伊織は留め具をつかみ、渾身の力をこめて回した。シャベルをてこ代わりに使ってふたを押し上げる。何か恐ろしいものが待ちかまえているような気すらして、こわごわ中をのぞき込んだ。
まばゆいばかりの大判小判――ではなかった。箱の中は一面布で埋まっている。緩衝材代わりだろう、丸めた布がぎっしり詰まっているので、「敷いてある」などではなく、「埋まっている」という表現が正しいのだ。
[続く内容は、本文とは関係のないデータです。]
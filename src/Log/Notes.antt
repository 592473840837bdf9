-- ===== src/Log/Notes.antt =====
-- log.c: the calls of `loq` that report anomalies and system calls, with their formats and arguments.
-- What the arguments hold comes from the system or the caller.
use Prim.Native.Char.{code}
use Prim.Native.String.{String}
use capemon.Base.{ℕ, ◌*◌, Option, none, some, List, [], ◌∷◌, ◌++◌, length}
use capemon.Log.Format.{LogArg, int, word, char_ptr, unicode_string}

abbrev pub codes : String → List ℕ
codes String.[] = []
codes (String.◌∷◌ c s) = code c ∷ codes s

-- A text without a NUL in it, with its terminator, or a NULL pointer.
abbrev pub c_string : Option (List ℕ) → LogArg
c_string none = char_ptr none
c_string (some cs) = char_ptr (some (cs ++ 0 ∷ []))

abbrev pub named : String → LogArg
named s = c_string (some (codes s))

-- A UNICODE_STRING with its length in bytes, or NULL.
abbrev pub wide_string : Option (List ℕ) → LogArg
wide_string none = unicode_string none
wide_string (some cs) = unicode_string (some (2 * length cs, some cs))

-- What the caller or the system gives for a text.
abbrev pub TextOrNull : Type 0
TextOrNull = Option (List ℕ)

-- The format and the arguments behind it.
abbrev pub Note : Type 0
Note = List ℕ × List LogArg

unfoldable pub log_hook_anomaly : ℕ → TextOrNull → TextOrNull → ℕ → TextOrNull → Note
log_hook_anomaly tid subcategory funcname hook_addr msg = (
  codes "issps",
  named "ThreadIdentifier"
      ∷ int tid
      ∷ named "Subcategory"
      ∷ c_string subcategory
      ∷ named "FunctionName"
      ∷ c_string funcname
      ∷ named "FunctionAddress"
      ∷ word hook_addr
      ∷ named "Message"
      ∷ c_string msg
      ∷ [],
)

-- `log_breakpoint` has the same format and names.
unfoldable pub log_anomaly : ℕ → TextOrNull → TextOrNull → Note
log_anomaly tid subcategory msg = (
  codes "iss",
  named "ThreadIdentifier"
      ∷ int tid
      ∷ named "Subcategory"
      ∷ c_string subcategory
      ∷ named "Message"
      ∷ c_string msg
      ∷ [],
)

-- A NULL or empty `function`, and a NULL `module`, are left out.
unfoldable pub log_syscall : ℕ → TextOrNull → TextOrNull → ℕ → Note
log_syscall tid (some file) (some (c ∷ function)) retaddr = (
  codes "iosp",
  named "ThreadIdentifier"
      ∷ int tid
      ∷ named "Module"
      ∷ wide_string (some file)
      ∷ named "Function"
      ∷ c_string (some (c ∷ function))
      ∷ named "Return Address"
      ∷ word retaddr
      ∷ [],
)
log_syscall tid none (some (c ∷ function)) retaddr = (
  codes "isp",
  named "ThreadIdentifier"
      ∷ int tid
      ∷ named "Function"
      ∷ c_string (some (c ∷ function))
      ∷ named "Return Address"
      ∷ word retaddr
      ∷ [],
)
log_syscall tid (some file) function retaddr = (
  codes "iop",
  named "ThreadIdentifier"
      ∷ int tid
      ∷ named "Module"
      ∷ wide_string (some file)
      ∷ named "Return Address"
      ∷ word retaddr
      ∷ [],
)
log_syscall tid none function retaddr =
    (codes "ip", named "ThreadIdentifier" ∷ int tid ∷ named "Return Address" ∷ word retaddr ∷ [])

unfoldable pub log_direct_syscall : ℕ → TextOrNull → ℕ → Note
log_direct_syscall tid function addr = (
  codes "isp",
  named "ThreadIdentifier"
      ∷ int tid
      ∷ named "Function"
      ∷ c_string function
      ∷ named "Address"
      ∷ word addr
      ∷ [],
)

unfoldable pub log_procname_anomaly : ℕ → (a b c d : TextOrNull) → Note
log_procname_anomaly tid initial_name initial_path current_name current_path = (
  codes "isoooo",
  named "ThreadIdentifier"
      ∷ int tid
      ∷ named "Subcategory"
      ∷ named "procname"
      ∷ named "OriginalProcessName"
      ∷ wide_string initial_name
      ∷ named "OriginalProcessPath"
      ∷ wide_string initial_path
      ∷ named "ModifiedProcessName"
      ∷ wide_string current_name
      ∷ named "ModifiedProcessPath"
      ∷ wide_string current_path
      ∷ [],
)

unfoldable pub log_hook_modification : ℕ → TextOrNull → ℕ → TextOrNull → TextOrNull → Note
log_hook_modification tid funcname hook_addr msg1 msg2 = (
  codes "isspsss",
  named "ThreadIdentifier"
      ∷ int tid
      ∷ named "Subcategory"
      ∷ named "unhook"
      ∷ named "FunctionName"
      ∷ c_string funcname
      ∷ named "FunctionAddress"
      ∷ word hook_addr
      ∷ named "UnhookType"
      ∷ named "modification"
      ∷ named "OriginalBytes"
      ∷ c_string msg1
      ∷ named "NewBytes"
      ∷ c_string msg2
      ∷ [],
)

unfoldable pub hook_note : String → ℕ → TextOrNull → ℕ → Note
hook_note kind tid funcname hook_addr = (
  codes "issps",
  named "ThreadIdentifier"
      ∷ int tid
      ∷ named "Subcategory"
      ∷ named "unhook"
      ∷ named "FunctionName"
      ∷ c_string funcname
      ∷ named "FunctionAddress"
      ∷ word hook_addr
      ∷ named "UnhookType"
      ∷ named kind
      ∷ [],
)

unfoldable pub log_hook_removal : ℕ → TextOrNull → ℕ → Note
log_hook_removal = hook_note "removal"

unfoldable pub log_hook_restoration : ℕ → TextOrNull → ℕ → Note
log_hook_restoration = hook_note "restored"
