-- ===== src/Log/Environ.antt =====
-- log.c: the calls of `loq` when the log starts, with their formats and arguments.
use capemon.Base.{ℕ, Bool, true, false, [], ◌∷◌}
use capemon.Log.Format.{int, word, LogArg}
use capemon.Log.Notes.{codes, c_string, named, TextOrNull, Note}

unfoldable pub log_new_process : (low high pid parent : ℕ) → TextOrNull → Note
log_new_process low high pid parent our_process_path = (
  codes "iiiis",
  named "TimeLow"
      ∷ int low
      ∷ named "TimeHigh"
      ∷ int high
      ∷ named "ProcessIdentifier"
      ∷ int pid
      ∷ named "ParentProcessIdentifier"
      ∷ int parent
      ∷ named "ModulePath"
      ∷ c_string our_process_path
      ∷ [],
)

-- The identifier is a DWORD.
unfoldable pub log_new_thread : ℕ → Note
log_new_thread pid = (codes "l", named "ProcessIdentifier" ∷ int pid ∷ [])

-- The texts of `log_environ` in their order, without those of its format that are literals.
pub record Environ : Type 0 where
  pub username : TextOrNull
  pub computername : TextOrNull
  pub installdate : ℕ
  pub winpath : TextOrNull
  pub tmppath : TextOrNull
  pub command_line : TextOrNull
  pub registeredowner : TextOrNull
  pub registeredorg : TextOrNull
  pub productname : TextOrNull
  pub os_major : ℕ
  pub os_minor : ℕ
  pub sysvolserial : TextOrNull
  pub sysvolguid : TextOrNull
  pub machineguid : TextOrNull
  pub mainbase : ℕ
  pub image_size : ℕ
  pub is_64_bit : Bool

unfoldable pub bitness : Bool → LogArg
bitness true = named "64-bit"
bitness false = named "32-bit"

unfoldable pub log_environ : Environ → Note
log_environ v = (
  codes "ssissssssiisssphs",
  named "UserName"
      ∷ c_string v.username
      ∷ named "ComputerName"
      ∷ c_string v.computername
      ∷ named "InstallDate"
      ∷ int v.installdate
      ∷ named "WindowsPath"
      ∷ c_string v.winpath
      ∷ named "TempPath"
      ∷ c_string v.tmppath
      ∷ named "CommandLine"
      ∷ c_string v.command_line
      ∷ named "RegisteredOwner"
      ∷ c_string v.registeredowner
      ∷ named "RegisteredOrganization"
      ∷ c_string v.registeredorg
      ∷ named "ProductName"
      ∷ c_string v.productname
      ∷ named "OSMajor"
      ∷ int v.os_major
      ∷ named "OSMinor"
      ∷ int v.os_minor
      ∷ named "SystemVolumeSerialNumber"
      ∷ c_string v.sysvolserial
      ∷ named "SystemVolumeGUID"
      ∷ c_string v.sysvolguid
      ∷ named "MachineGUID"
      ∷ c_string v.machineguid
      ∷ named "MainExeBase"
      ∷ word v.mainbase
      ∷ named "MainExeSize"
      ∷ int v.image_size
      ∷ named "Bitness"
      ∷ bitness v.is_64_bit
      ∷ [],
)
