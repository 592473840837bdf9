-- ===== src/Log/Escapes.antt =====
-- The loop over a well-formed REG_MULTI_SZ value in its block.
use mathlib.Core.List.{append_assoc}
use mathlib.Core.Path.{subst}
use capemon.Base.{
  ℕ, zero, suc, ◌+◌, ◌*◌, ◌≤◌, ◌<◌, ◌≡◌, ◌∙◌, refl, sym, ap, inl, inr, false, Option, none, some,
  List, [], ◌∷◌, ◌++◌, ◌==◌, leb, arith, length, All, drop, length-append, length-drop, store,
  store-append, store-overflow, Bool-cases,
}
use capemon.Log.{◌>>=◌}
use capemon.Log.Registry.{escape_loop}

-- The value: each string with its terminator, and one more.
unfoldable pub stored : List (List ℕ) → List ℕ
stored [] = 0 ∷ []
stored (s ∷ strings) = s ++ 0 ∷ stored strings

abbrev pub mark : List ℕ
mark = b'\\' ∷ b'x' ∷ b'0' ∷ b'0' ∷ []

unfoldable pub marks : ℕ → List ℕ
marks zero = []
marks (suc n) = mark ++ marks n

abbrev pub IsLetter : ℕ → Type 0
IsLetter c = 0 < c

-- A string has a character, and no NUL.
pub record IsString (s : List ℕ) : Type 0 where
  pub some_letter : 0 < length s
  pub letters : All IsLetter s

-- One round of the loop, with more characters behind.
escape-letter :
    (p : List ℕ) (x c : ℕ) (rest : List ℕ)
    → 0 < c
    → 0 < length rest
    → escape_loop p x (c ∷ rest) (c ∷ rest)
      ≡ (store p x (c ∷ []) >>= λ p'. escape_loop p' x rest rest)
unfolding escape_loop
escape-letter p x c [] letter more = absurd (omega arith)
escape-letter p x c (d ∷ rest) letter more =
    let e : (c == 0) ≡ false = ground arith in rw (escape_loop, e) refl

escape-next :
    (p : List ℕ) (x d : ℕ) (rest : List ℕ)
    → 0 < d
    → escape_loop p x (0 ∷ (d ∷ rest)) (0 ∷ (d ∷ rest))
      ≡ (store p x mark >>= λ p'. escape_loop p' (x + 4) (d ∷ rest) (d ∷ rest))
unfolding escape_loop
escape-next p x d rest letter = let e : (d == 0) ≡ false = ground arith in rw (escape_loop, e) refl

escape-end :
    (p : List ℕ) (x : ℕ)
    → escape_loop p x (0 ∷ (0 ∷ [])) (0 ∷ (0 ∷ []))
      ≡ (store p x mark >>= λ p'. store p' (x + 4) (0 ∷ []))
unfolding escape_loop
escape-end p x = refl

-- `n` marks and the terminator behind `done`, if they fit into `room` characters.
pub data Outcome (done : List ℕ) (n room : ℕ) : Option (List ℕ) → Type 0 where
  fits :
      (rest : List ℕ)
      → length rest + (4 * n + 1) ≡ room
      → Outcome done n room (some (done ++ (marks n ++ 0 ∷ rest)))
  overflow : room < 4 * n + 1 → Outcome done n room none

-- The state behind a NUL.
marked :
    (done r : List ℕ)
    → 4 ≤ length r
    → store (done ++ r) (length done) mark ≡ some ((done ++ mark) ++ drop 4 r)
marked done r h = store-append done mark r h ∙ ap some (sym (append_assoc done mark (drop 4 r)))

-- The loop behind the mark, with the mark counted.
after_mark :
    (done r : List ℕ) (n : ℕ) (k : List ℕ → Option (List ℕ))
    → ((r' : List ℕ)
        → length r' + 4 ≡ length r
        → Outcome (done ++ mark) n (length r') (k ((done ++ mark) ++ r')))
    → Outcome done (suc n) (length r) (store (done ++ r) (length done) mark >>= k)
unfolding marks
after_mark done r n k next = elim (Bool-cases (leb 4 (length r))) [
  | inl e ↦
      rw (marked done r (ground arith))
        (go (ground arith) (next (drop 4 r) (ground (arith, length-drop 4 r))))
  | inr e ↦ rw (store-overflow done mark r (ground arith)) (overflow (ground arith))
]
  where
    go :
        {o : Option (List ℕ)}
        → 4 ≤ length r
        → Outcome (done ++ mark) n (length (drop 4 r)) o
        → Outcome done (suc n) (length r) o
    go h (fits rest e) =
        let same : done ++ (marks (suc n) ++ 0 ∷ rest) ≡ (done ++ mark) ++ (marks n ++ 0 ∷ rest) =
          ap (λ l. done ++ l) (append_assoc mark (marks n) (0 ∷ rest))
          ∙ sym (append_assoc done mark (marks n ++ 0 ∷ rest)) in
        subst (λ l. Outcome done (suc n) (length r) (some l)) same
          (fits rest (omega (arith, length-drop 4 r)))
    go h (overflow e) = overflow (omega (arith, length-drop 4 r))

-- The loop at `place` of a block that holds `done` and `r`, on the rest of the value.
abbrev pub escapes : List ℕ → List ℕ → List ℕ → Option (List ℕ)
escapes done r units = escape_loop (done ++ r) (length done) units units

terminator :
    (done r : List ℕ) → Outcome done 0 (length r) (store (done ++ r) (length done) (0 ∷ []))
unfolding marks
terminator done [] = rw (store-overflow done (0 ∷ []) [] (omega arith)) (overflow (omega arith))
terminator done (y ∷ r) =
    rw (store-append done (0 ∷ []) (y ∷ r) (omega arith)) (fits r (omega arith))

length-mark : (done : List ℕ) → length (done ++ mark) ≡ length done + 4
length-mark done = length-append done mark

escape_nul :
    (strings : List (List ℕ)) (done r : List ℕ)
    → All IsString strings
    → ((done' r' : List ℕ)
        → 0 < length strings
        → Outcome done' (length strings) (length r') (escapes done' r' (stored strings)))
    → Outcome done (suc (length strings)) (length r) (escapes done r (0 ∷ stored strings))
unfolding stored
escape_nul [] done r all next = rw (escape-end (done ++ r) (length done)) (
    after_mark done r 0 (λ p'. store p' (length done + 4) (0 ∷ []))
      (λ r' h.
        subst
          (λ (n : ℕ).
            Outcome (done ++ mark) 0 (length r') (store ((done ++ mark) ++ r') n (0 ∷ [])))
          (length-mark done) (terminator (done ++ mark) r')))
escape_nul ([] ∷ strings) done r all next = absurd (omega (arith, all.0.some_letter))
escape_nul ((c ∷ s) ∷ strings) done r all next =
    rw (escape-next (done ++ r) (length done) c (s ++ 0 ∷ stored strings) all.0.letters.0) (
      after_mark done r (suc (length strings))
        (λ p'.
          escape_loop p' (length done + 4) (stored ((c ∷ s) ∷ strings))
            (stored ((c ∷ s) ∷ strings)))
        (λ r' h.
          subst
            (λ (n : ℕ). Outcome (done ++ mark) (suc (length strings)) (length r') (
              escape_loop ((done ++ mark) ++ r') n (stored ((c ∷ s) ∷ strings))
                (stored ((c ∷ s) ∷ strings))))
            (length-mark done) (next (done ++ mark) r' (omega arith))))

escape_string :
    (s : List ℕ) (strings : List (List ℕ)) (done r : List ℕ)
    → All IsLetter s
    → All IsString strings
    → ((done' r' : List ℕ)
        → 0 < length strings
        → Outcome done' (length strings) (length r') (escapes done' r' (stored strings)))
    → Outcome done (suc (length strings)) (length r) (escapes done r (s ++ 0 ∷ stored strings))
escape_string [] strings done r letters all next = escape_nul strings done r all next
escape_string (c ∷ s) strings done [] letters all next =
    rw
      (
        escape-letter (done ++ []) (length done) c (s ++ 0 ∷ stored strings) letters.0
            (omega (arith, length-append s (0 ∷ stored strings))),
        store-overflow done (c ∷ []) [] (omega arith),
      )
      (overflow (omega arith))
escape_string (c ∷ s) strings done (y ∷ r) letters all next =
    rw
      (
        escape-letter (done ++ y ∷ r) (length done) c (s ++ 0 ∷ stored strings) letters.0
            (omega (arith, length-append s (0 ∷ stored strings))),
        store-append done (c ∷ []) (y ∷ r) (omega arith),
      )
      (escape_string s strings done (c ∷ r) letters.1 all next)

pub escape_strings :
    (strings : List (List ℕ)) (done r : List ℕ)
    → All IsString strings
    → 0 < length strings
    → Outcome done (length strings) (length r) (escapes done r (stored strings))
unfolding stored
escape_strings [] done r all some_string = absurd (omega arith)
escape_strings (s ∷ strings) done r all some_string =
    escape_string s strings done r all.0.letters all.1
      (λ done' r' more. escape_strings strings done' r' all.1 more)
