-- ===== src/Log/Writing.antt =====
-- The buffer in front of the log file: nothing is lost, reordered or written twice, and with enough
-- calls of `WriteFile` that succeed every loop ends.
use mathlib.Core.List.{append_assoc, append-nil}
use mathlib.Core.Path.{subst}
use capemon.Base.{
  ℕ, zero, suc, ◌+◌, ◌^◌, ◌≤◌, ◌<◌, ◌≡◌, ◌∙◌, ◌≢◌, ◌⊎◌, inl, inr, refl, sym, ap, true, Option, some,
  List, [], ◌∷◌, ◌++◌, length, take, drop, length-append, length-drop, length-take, arith,
}
use capemon.Log.{
  Write, failed, wrote, Stream, Settings, write_loop, writes_to_file, send_log, send_rest,
  copy_length, copy_in, raw_loop, log_raw_direct, ◌>>=◌,
}

-- The calls that take a byte at least.
unfoldable pub progress : List Write → ℕ
progress [] = 0
progress (failed ∷ writes) = progress writes
progress (wrote zero ∷ writes) = progress writes
progress (wrote (suc n) ∷ writes) = suc (progress writes)

-- What the program has logged so far.
abbrev pub text : Stream → List ℕ
text s = s.sent ++ s.pending

-- The buffer is within its bound, and what is in it and `todo` bytes more can be written.
pub record Supplied (size todo : ℕ) (s : Stream) : Type 0 where
  pub bounded : length s.pending ≤ size
  pub supplied : length s.pending + todo ≤ progress s.writes

-- A call that returns, with `all` as the text and a supply for `todo` bytes.
pub data Logged (size todo : ℕ) (all : List ℕ) : Option Stream → Type 0 where
  logged : (s : Stream) → Supplied size todo s → text s ≡ all → Logged size todo all (some s)

-- The same with an empty buffer.
pub data Flushed (todo : ℕ) (all : List ℕ) : Option Stream → Type 0 where
  flushed :
      (s : Stream)
      → s.pending ≡ []
      → todo ≤ progress s.writes
      → s.sent ≡ all
      → Flushed todo all (some s)

take-drop : (n : ℕ) (xs : List ℕ) → take n xs ++ drop n xs ≡ xs
take-drop zero xs = refl
take-drop (suc n) [] = refl
take-drop (suc n) (x ∷ xs) = ap (◌∷◌ x) (take-drop n xs)

pub write_loop_lem :
    (todo : ℕ) (writes : List Write) (buf sent : List ℕ)
    → length buf + todo ≤ progress writes
    → Flushed todo (sent ++ buf) (write_loop writes buf sent)
unfolding write_loop progress
write_loop_lem todo writes [] sent h =
    flushed (record { pending = []; sent = sent; writes = writes }) refl (omega arith)
      (sym (append-nil sent))
write_loop_lem todo [] (b ∷ buf) sent h = absurd (omega arith)
write_loop_lem todo (failed ∷ writes) (b ∷ buf) sent h = write_loop_lem todo writes (b ∷ buf) sent h
write_loop_lem todo (wrote zero ∷ writes) (b ∷ buf) sent h =
    rw (append-nil sent) (write_loop_lem todo writes (b ∷ buf) sent h)
write_loop_lem todo (wrote (suc n) ∷ writes) (b ∷ buf) sent h =
    let e : (sent ++ take (suc n) (b ∷ buf)) ++ drop n buf ≡ sent ++ (b ∷ buf) =
      ground (arith, append_assoc sent (b ∷ take n buf) (drop n buf), take-drop n buf) in
    subst (λ l. Flushed todo l (write_loop writes (drop n buf) (sent ++ take (suc n) (b ∷ buf)))) e
      (write_loop_lem todo writes (drop n buf) (sent ++ take (suc n) (b ∷ buf))
        (omega (arith, length-drop n buf)))

List-cases : (xs : List ℕ) → (xs ≡ []) ⊎ ((x : ℕ) × (ys : List ℕ) × (xs ≡ x ∷ ys))
List-cases [] = inl refl
List-cases (x ∷ xs) = inr (x, xs, refl)

module _ (c : Settings) (file : writes_to_file c ≡ true) where
  pub send_log_lem :
      (todo : ℕ) (s : Stream)
      → length s.pending + todo ≤ progress s.writes
      → Flushed todo (text s) (send_log c s)
  unfolding send_log
  send_log_lem todo s h = rw file (write_loop_lem todo s.writes s.pending s.sent h)

  send_rest-Flushed :
      (todo : ℕ) (rest : List ℕ) (s : Stream)
      → rest ≢ []
      → length s.pending + todo ≤ progress s.writes
      → Flushed todo (text s) (send_rest c rest s)
  unfolding send_rest
  send_rest-Flushed todo [] s ne h = absurd (ne refl)
  send_rest-Flushed todo (x ∷ rest) s ne h = send_log_lem todo s h

  module _ (room : 0 < c.buffer_size) where
    copy_in-Supplied :
        (todo : ℕ) (s : Stream) (buf : List ℕ)
        → length buf < 2 ^ 32
        → Supplied c.buffer_size (length buf + todo) s
        → Supplied c.buffer_size
            (length (drop (copy_length c s buf) buf) + todo)
            (copy_in (copy_length c s buf) s buf)
    unfolding copy_length copy_in
    copy_in-Supplied todo s buf small h =
        let n = copy_length c s buf in
        record {
          bounded =
              omega (arith, h.bounded, length-append s.pending (take n buf), length-take n buf);
          supplied = omega (
            arith,
            h.bounded,
            h.supplied,
            length-append s.pending (take n buf),
            length-take n buf,
            length-drop n buf,
          );
        }

    text-copy_in :
        (n : ℕ) (s : Stream) (buf : List ℕ) → text (copy_in n s buf) ++ drop n buf ≡ text s ++ buf
    unfolding copy_in
    text-copy_in n s buf = ground (
      arith,
      take-drop n buf,
      append_assoc s.sent s.pending (take n buf),
      append_assoc (s.sent ++ s.pending) (take n buf) (drop n buf),
    )

    -- A round moves on, or there was no room and the buffer is sent.
    shorter :
        (fuel : ℕ) (s : Stream) (buf : List ℕ)
        → length buf < 2 ^ 32
        → (length s.pending < c.buffer_size) ⊎ (length buf < suc fuel)
        → length buf ≤ suc fuel
        → 0 < length buf
        → length (drop (copy_length c s buf) buf) ≤ fuel
    unfolding copy_length
    shorter fuel s buf small free enough some_left =
        omega (arith, length-drop (copy_length c s buf) buf)

    -- What a round leaves to the rest of the loop.
    copied :
        (todo fuel : ℕ) (rest : List ℕ) (s : Stream) (all : List ℕ)
        → text s ++ rest ≡ all
        → Supplied c.buffer_size (length rest + todo) s
        → ((s' : Stream)
            → s'.pending ≡ []
            → Supplied c.buffer_size (length rest + todo) s'
            → Logged c.buffer_size todo (text s' ++ rest) (raw_loop fuel c s' rest))
        → Logged c.buffer_size todo all (send_rest c rest s >>= λ s'. raw_loop fuel c s' rest)
    unfolding raw_loop send_rest
    copied todo fuel [] s all same h next =
        logged s (record { bounded = h.bounded; supplied = omega (arith, h.supplied) })
          (sym (append-nil (text s)) ∙ same)
    copied todo fuel (x ∷ rest) s all same h next =
        go (send_rest-Flushed (length (x ∷ rest) + todo) (x ∷ rest) s (λ e. cc) h.supplied)
      where
        go :
            {r : Option Stream}
            → Flushed (length (x ∷ rest) + todo) (text s) r
            → Logged c.buffer_size todo all (r >>= λ s'. raw_loop fuel c s' (x ∷ rest))
        go (flushed s' empty supply sent) =
            let e : text s' ++ x ∷ rest ≡ all = ground (arith, append-nil s'.sent) in
            subst (λ l. Logged c.buffer_size todo l (raw_loop fuel c s' (x ∷ rest))) e
              (next s' empty (record { bounded = ground (arith); supplied = ground (arith) }))

    pub raw_loop_lem :
        (todo fuel : ℕ) (s : Stream) (buf : List ℕ)
        → length buf < 2 ^ 32
        → (length s.pending < c.buffer_size) ⊎ (length buf < fuel)
        → length buf ≤ fuel
        → Supplied c.buffer_size (length buf + todo) s
        → Logged c.buffer_size todo (text s ++ buf) (raw_loop fuel c s buf)
    unfolding raw_loop
    raw_loop_lem todo fuel s [] small free enough h =
        logged s (record { bounded = h.bounded; supplied = omega (arith, h.supplied) })
          (sym (append-nil (text s)))
    raw_loop_lem todo zero s (b ∷ buf) small free enough h = absurd (omega arith)
    raw_loop_lem todo (suc fuel) s (b ∷ buf) small free enough h =
        let all : List ℕ = b ∷ buf in
        let n = copy_length c s all in
        let less = shorter fuel s all small free enough (omega arith) in
        copied todo fuel (drop n all) (copy_in n s all) (text s ++ all) (text-copy_in n s all)
          (copy_in-Supplied todo s all small h)
          (λ s' empty ready.
            raw_loop_lem todo fuel s' (drop n all) (omega (arith, length-drop n all))
              (inl (omega (arith, room, ap (λ (l : List ℕ). length l) empty))) less ready)

    pub log_raw_direct_lem :
        (todo : ℕ) (s : Stream) (buf : List ℕ)
        → c.allocated ≡ true
        → length buf < 2 ^ 32
        → Supplied c.buffer_size (length buf + todo) s
        → Logged c.buffer_size todo (text s ++ buf) (log_raw_direct c s buf)
    unfolding log_raw_direct
    log_raw_direct_lem todo s buf allocated small h =
        simp allocated
          (raw_loop_lem todo (suc (length buf)) s buf small (inr (omega arith)) (omega arith) h)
布をかき分けると、すぐに固い手応えがあった。同じ布を用いて何かを包んでいるらしい。取り出してみると大きさはてのひら大だ。注意深く布をはがしていく。
「これは……」
あらわになった中身を見て、伊織は息を呑んだ。半透明で薄緑の、翡翠らしき石でこしらえた、雲に乗った竜の彫刻だ。そのつややかさと精巧な細工に、こういうものには門外漢の伊織ですら見入ってしまう。そっと彫刻を掲げ、頭上の黒揚羽たちに示した。
「貸してくれるか?」
黒揚羽が彫刻を受け取り、千里と成瀬が両側からのぞき込む。その間に、伊織はさらに箱を探った。大きさはまちまちだが、同じような布の包みがいくつも出てくる。中身は瑪瑙の鳳凰、水晶の魚、玉杯、珊瑚玉、青磁の花瓶、白磁の高炉、花鳥の皿――。取り出すたびに黒揚羽に手渡していく。千里がきゃあきゃあ歓声を上げていた。
「どう見ても日本の品ではない。清のものだろう」
黒揚羽は、つがいのきじを絵付けした皿をそっと地面に置いて、
「鈴倉家の先祖が抜け荷に手を染めていたというのは本当らしいな。証拠を隠滅する意味もあって、輸入した品をここに埋めたのだろう。もしかしたら、抜け荷の取り引きをこの島で行っていたのかもしれないな」
推測を述べた。
「これ……運ぶ?」
歯切れの悪い口調で、伊織は問う。というのも、ある予感がしていたからだった。昨日、佐々木たちが現れる前にこうなっていたのなら、胸は歓喜と達成感でいっぱいで、一刻も早く宝を運び出そうと浮き足立っていたに違いないのだが――。
黒揚羽は直接的には答えず、
「やむを得なかったとはいえ、私は人を傷つけるという禁忌を犯してしまった。総一郎への復讐心とて、あんな目に遭った彼を見ては失せてしまった。もう私には、宝を頂く資格も理由もないというわけさ」
もの淋しげに言うと、
「おまえたちはどうだ?」
千里と成瀬を振り返って問う。二人は顔を見合わせ、
「あたしたちだって同じよ」
千里が代表して言った。
「だが、こんなに苦労させたのに、一銭の取り分もないなんて……。不満ではないか?」
「とんでもないわ」
千里は勢い込んで、
「あたしはお姉さまが生きててくれただけで十分だもの」
「そのとおりですよ。それに、私たちはお金だけが目的で仕事をしているわけではありません。黒揚羽様が納得する形で盗めなければ、意味がないのですよ」
「……ありがとう」
黒揚羽は目を細め、二人の大切な手下に頭を下げた。再び伊織を見下ろし、
「おまえこそ、宝が欲しくはないのか? 不本意かもしれないが、おまえはまぎれもなく総一郎の直系の孫。しかも、八雲君の出生の秘密が明らかになれば、唯一の……。ただ、盗人である私に与したという経歴があるし、あの欲深い兵馬のことだ、あれやこれやと理屈をつけて、おまえにはびた一文よこさないだろう。だから今いくらか懐に収めたところで、恥じることなど何もない。換金は私が行ってやる。裏の経路ならいくらでも知っているのだから」
伊織は黒揚羽から視線を外し、ちょうど目の高さのところに並ぶ、貴石の動物たちや陶磁器を改めて見つめた。
「ううん」
ゆっくりとかぶりを振る。
「僕も……要らないよ。もともと宝そのものが目当てだったっていうよりは、探すことが楽しみだったんだから。それに、君と同じで、いちばん信頼していた相手に裏切られた祖父を……そして、これから衝撃的な事実を知らされる八雲のことを思うと、とてもここで宝をくすねる気にはなれないんだ」
黒揚羽はちっとも意外そうではなく、
「それでこそおまえだよ、伊織」
むしろ我が意を得たりというように微笑んだ。
「よし、そうと決まれば長居は無用、すぐこの島を出よう」
黒揚羽の口調が再び緊張感を帯びる。一瞬沖に目をやったが、船影はまだ見当たらないらしい。
「宝はこのままにしておけば、警察が見つけてしかるべき処置を取ってくれるだろう」
「わかった」
伊織はうなずき、ロープを垂らしてもらって地上に上がる。
「ではあちらへ。出航の準備は万端ですよ」
成瀬に導かれ、伊織たちはテントまで引き返し、さらに向こうの海岸へと駆けた。一キロメートル程度の距離とはいえ、疲労した体ではさすがに駆け抜けるというわけにはいかず、休み休み行くことにする。
暗くてよくは見えなかったが、西側の海岸も東側と同様の岩場だった。成瀬の懐中電灯の光が、正面に停められている船をなぞる。やはり下田の漁師から借りたのだろう、ハヤブサ丸より二回りは大きい小ぎれいな漁船だ。
全員が乗り込むと、成瀬はすぐ船を出発させた。ほかの三人は甲板に座り込み、遠ざかる鬼角島を無言で眺めていた。それもつかの間、島影は黒い空と海に溶け、視界には闇だけが残った。